[Collected data entries]
____
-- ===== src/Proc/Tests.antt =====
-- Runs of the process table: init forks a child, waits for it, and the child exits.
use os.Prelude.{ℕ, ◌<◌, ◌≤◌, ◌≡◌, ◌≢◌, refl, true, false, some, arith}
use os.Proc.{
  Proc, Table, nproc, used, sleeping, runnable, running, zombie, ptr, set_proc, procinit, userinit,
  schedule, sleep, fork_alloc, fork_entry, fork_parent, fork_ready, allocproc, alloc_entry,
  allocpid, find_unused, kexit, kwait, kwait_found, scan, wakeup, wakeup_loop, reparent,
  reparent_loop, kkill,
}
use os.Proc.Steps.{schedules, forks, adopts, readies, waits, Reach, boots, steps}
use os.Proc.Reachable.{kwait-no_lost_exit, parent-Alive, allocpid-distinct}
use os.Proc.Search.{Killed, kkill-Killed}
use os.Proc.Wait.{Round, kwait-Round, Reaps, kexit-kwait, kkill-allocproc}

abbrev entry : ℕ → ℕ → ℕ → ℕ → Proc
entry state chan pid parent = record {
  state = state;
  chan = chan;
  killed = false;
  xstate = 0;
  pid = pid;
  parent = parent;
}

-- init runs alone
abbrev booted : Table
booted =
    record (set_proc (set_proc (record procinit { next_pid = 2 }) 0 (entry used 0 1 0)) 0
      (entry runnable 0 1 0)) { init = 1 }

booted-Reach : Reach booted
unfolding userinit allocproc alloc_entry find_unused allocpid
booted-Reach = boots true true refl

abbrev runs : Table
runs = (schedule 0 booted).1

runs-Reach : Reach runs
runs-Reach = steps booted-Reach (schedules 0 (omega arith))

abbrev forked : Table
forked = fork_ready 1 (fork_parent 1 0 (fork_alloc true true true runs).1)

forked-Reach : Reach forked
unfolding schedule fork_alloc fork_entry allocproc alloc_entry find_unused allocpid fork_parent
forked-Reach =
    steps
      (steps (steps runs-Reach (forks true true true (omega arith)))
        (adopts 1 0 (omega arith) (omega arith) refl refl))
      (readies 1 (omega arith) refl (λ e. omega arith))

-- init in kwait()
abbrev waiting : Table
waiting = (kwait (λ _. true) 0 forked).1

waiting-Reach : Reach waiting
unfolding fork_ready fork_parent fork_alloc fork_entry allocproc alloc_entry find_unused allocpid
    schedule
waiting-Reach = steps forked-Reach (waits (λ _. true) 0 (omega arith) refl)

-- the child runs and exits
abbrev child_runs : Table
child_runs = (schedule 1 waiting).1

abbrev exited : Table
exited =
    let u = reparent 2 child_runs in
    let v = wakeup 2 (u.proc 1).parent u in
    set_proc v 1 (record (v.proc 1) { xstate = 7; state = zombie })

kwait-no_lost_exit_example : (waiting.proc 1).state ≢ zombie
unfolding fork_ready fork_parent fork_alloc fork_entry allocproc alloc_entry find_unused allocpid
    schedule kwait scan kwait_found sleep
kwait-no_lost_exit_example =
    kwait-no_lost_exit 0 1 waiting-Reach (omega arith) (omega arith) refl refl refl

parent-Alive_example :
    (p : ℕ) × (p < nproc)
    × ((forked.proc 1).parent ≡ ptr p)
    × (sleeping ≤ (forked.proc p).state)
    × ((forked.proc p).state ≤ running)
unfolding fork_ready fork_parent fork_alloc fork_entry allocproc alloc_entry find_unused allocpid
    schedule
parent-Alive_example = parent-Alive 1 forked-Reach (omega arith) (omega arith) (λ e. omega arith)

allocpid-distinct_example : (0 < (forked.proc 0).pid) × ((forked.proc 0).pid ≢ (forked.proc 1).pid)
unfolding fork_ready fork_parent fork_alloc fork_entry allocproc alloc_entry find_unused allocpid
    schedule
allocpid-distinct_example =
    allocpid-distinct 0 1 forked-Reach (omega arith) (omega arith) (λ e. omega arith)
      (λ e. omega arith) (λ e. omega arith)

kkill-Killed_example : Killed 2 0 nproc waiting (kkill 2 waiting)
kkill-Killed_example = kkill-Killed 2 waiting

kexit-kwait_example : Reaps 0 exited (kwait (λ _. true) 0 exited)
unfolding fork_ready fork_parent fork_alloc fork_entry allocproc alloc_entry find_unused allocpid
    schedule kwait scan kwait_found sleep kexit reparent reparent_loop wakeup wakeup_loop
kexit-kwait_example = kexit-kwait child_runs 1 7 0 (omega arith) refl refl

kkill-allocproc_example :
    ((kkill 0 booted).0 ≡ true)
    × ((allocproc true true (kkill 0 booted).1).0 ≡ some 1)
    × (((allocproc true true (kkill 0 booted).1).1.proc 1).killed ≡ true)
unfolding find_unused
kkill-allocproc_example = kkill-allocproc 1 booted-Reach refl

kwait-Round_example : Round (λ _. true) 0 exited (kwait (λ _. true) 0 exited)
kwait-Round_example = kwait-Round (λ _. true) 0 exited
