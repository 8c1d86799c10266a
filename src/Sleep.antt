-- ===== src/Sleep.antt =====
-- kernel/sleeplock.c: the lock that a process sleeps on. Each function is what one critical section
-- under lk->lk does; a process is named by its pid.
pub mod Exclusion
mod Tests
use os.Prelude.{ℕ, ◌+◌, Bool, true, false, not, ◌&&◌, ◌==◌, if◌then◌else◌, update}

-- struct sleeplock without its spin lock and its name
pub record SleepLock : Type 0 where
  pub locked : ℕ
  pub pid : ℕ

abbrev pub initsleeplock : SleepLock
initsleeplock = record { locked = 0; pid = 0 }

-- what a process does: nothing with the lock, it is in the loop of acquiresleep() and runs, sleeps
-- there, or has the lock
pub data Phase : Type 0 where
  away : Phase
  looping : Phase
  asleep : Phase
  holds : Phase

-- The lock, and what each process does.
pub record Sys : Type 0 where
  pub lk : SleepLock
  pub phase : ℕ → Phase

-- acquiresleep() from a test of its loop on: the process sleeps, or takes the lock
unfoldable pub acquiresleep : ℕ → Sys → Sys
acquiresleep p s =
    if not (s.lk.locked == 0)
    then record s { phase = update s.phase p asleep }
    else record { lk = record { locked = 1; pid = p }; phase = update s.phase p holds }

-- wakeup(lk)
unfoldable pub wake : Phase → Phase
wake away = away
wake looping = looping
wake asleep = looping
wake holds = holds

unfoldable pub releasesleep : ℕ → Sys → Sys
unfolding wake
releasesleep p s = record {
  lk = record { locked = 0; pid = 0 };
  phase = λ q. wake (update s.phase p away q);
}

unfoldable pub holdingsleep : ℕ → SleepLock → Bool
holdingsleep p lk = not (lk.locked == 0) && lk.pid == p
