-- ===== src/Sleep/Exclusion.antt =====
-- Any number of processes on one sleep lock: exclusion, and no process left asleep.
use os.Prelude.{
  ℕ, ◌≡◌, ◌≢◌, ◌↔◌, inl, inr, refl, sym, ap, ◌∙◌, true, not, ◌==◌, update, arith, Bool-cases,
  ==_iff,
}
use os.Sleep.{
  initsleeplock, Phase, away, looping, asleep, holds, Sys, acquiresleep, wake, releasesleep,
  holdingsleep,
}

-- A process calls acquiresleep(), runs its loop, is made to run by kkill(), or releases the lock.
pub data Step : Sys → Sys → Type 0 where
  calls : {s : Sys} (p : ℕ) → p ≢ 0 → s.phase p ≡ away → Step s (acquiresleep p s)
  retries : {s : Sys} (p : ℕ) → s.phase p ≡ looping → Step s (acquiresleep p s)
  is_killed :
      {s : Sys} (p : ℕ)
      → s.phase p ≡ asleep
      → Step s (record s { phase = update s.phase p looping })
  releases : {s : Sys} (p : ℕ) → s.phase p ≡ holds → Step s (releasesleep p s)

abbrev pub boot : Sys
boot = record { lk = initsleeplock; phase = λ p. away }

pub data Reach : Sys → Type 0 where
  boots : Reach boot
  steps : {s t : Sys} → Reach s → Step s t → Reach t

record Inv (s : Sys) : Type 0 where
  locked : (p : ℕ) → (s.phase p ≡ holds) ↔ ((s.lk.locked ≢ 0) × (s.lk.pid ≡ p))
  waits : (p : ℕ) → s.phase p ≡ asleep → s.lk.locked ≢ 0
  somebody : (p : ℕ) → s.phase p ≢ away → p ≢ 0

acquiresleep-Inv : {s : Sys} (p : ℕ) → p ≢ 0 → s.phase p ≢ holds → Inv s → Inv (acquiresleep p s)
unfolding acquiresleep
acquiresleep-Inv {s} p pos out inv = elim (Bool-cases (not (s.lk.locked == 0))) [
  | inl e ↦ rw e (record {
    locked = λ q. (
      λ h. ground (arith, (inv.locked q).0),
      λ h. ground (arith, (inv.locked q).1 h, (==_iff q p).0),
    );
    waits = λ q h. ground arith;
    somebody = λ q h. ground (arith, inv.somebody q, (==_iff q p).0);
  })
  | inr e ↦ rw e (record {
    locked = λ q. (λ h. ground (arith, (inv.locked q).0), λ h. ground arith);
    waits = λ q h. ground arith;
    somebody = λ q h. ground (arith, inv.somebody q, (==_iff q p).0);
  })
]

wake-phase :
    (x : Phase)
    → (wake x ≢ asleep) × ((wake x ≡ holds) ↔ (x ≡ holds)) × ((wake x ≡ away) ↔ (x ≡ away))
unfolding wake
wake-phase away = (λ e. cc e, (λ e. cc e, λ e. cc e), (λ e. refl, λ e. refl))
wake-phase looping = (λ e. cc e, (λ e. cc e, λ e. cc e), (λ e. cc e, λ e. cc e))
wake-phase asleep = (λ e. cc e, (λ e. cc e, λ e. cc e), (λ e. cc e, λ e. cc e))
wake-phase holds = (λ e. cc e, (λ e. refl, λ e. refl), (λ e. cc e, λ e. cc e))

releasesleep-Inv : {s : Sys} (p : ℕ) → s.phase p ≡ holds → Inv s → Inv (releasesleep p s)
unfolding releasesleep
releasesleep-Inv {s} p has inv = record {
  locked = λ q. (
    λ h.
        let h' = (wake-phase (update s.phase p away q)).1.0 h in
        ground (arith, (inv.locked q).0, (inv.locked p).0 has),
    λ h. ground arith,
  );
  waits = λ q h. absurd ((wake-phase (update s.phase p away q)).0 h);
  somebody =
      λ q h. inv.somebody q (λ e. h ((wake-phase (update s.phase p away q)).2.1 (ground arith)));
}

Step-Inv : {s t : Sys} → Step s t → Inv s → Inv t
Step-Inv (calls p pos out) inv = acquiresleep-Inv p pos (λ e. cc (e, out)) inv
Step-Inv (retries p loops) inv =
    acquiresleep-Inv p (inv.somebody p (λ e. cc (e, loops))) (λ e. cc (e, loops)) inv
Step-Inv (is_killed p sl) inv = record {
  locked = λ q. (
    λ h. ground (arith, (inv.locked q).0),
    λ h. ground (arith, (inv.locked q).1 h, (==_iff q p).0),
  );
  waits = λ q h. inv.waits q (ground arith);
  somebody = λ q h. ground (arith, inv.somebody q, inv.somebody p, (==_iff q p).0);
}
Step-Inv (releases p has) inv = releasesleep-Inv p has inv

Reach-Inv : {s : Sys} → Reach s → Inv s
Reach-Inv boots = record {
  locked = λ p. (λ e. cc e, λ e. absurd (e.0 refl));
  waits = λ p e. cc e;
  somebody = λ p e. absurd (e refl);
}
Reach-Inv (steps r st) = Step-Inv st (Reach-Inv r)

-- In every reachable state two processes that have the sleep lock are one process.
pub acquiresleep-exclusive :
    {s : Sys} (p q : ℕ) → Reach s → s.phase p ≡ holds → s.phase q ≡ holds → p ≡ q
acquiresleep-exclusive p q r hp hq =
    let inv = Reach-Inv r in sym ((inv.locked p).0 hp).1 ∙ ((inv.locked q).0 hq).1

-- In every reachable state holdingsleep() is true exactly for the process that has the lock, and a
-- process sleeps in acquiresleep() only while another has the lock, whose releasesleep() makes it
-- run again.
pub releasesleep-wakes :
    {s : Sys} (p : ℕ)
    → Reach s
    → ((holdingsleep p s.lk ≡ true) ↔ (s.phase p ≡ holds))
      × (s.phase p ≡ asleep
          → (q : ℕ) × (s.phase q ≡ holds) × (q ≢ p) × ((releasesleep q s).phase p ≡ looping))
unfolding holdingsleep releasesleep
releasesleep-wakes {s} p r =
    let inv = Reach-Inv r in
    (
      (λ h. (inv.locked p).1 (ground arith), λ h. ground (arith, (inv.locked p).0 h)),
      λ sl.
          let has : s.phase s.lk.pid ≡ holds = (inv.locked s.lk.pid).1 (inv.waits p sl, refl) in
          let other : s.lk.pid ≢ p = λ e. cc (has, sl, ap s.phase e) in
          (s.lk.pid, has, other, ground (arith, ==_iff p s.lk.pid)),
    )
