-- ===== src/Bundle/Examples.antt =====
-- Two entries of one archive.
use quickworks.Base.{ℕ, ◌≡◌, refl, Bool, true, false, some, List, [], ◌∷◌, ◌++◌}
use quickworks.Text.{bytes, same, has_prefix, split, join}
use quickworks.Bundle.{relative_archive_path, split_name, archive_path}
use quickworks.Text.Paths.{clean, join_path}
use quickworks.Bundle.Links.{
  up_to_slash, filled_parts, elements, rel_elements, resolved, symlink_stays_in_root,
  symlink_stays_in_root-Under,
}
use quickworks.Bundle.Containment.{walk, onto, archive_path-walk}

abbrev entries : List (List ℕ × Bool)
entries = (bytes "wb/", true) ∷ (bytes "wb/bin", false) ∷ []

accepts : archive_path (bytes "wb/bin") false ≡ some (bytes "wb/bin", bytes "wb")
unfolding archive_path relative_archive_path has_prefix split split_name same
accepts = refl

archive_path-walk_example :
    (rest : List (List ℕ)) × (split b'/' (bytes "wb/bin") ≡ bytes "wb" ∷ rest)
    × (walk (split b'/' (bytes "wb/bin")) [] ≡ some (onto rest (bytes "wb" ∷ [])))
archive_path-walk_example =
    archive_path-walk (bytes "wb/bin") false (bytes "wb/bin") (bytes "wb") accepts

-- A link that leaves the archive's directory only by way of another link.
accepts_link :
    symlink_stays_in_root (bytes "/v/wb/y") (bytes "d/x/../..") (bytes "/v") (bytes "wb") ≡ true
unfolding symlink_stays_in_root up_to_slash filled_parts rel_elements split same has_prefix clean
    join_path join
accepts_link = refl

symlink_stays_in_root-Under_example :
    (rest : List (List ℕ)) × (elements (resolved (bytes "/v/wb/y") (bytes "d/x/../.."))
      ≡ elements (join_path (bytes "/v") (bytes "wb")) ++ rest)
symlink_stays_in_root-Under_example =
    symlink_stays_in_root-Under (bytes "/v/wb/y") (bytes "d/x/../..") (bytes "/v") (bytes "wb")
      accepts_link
____
● **DIRECTIONS FOR THIS TASK**: Filter the data, keeping only the lines that contain "Reaps".

● **YOUR SOLUTION**:
use os.Proc.Wait.{Round, kwait-Round, Reaps, kexit-kwait, kkill-allocproc}
kexit-kwait_example : Reaps 0 exited (kwait (λ _. true) 0 exited)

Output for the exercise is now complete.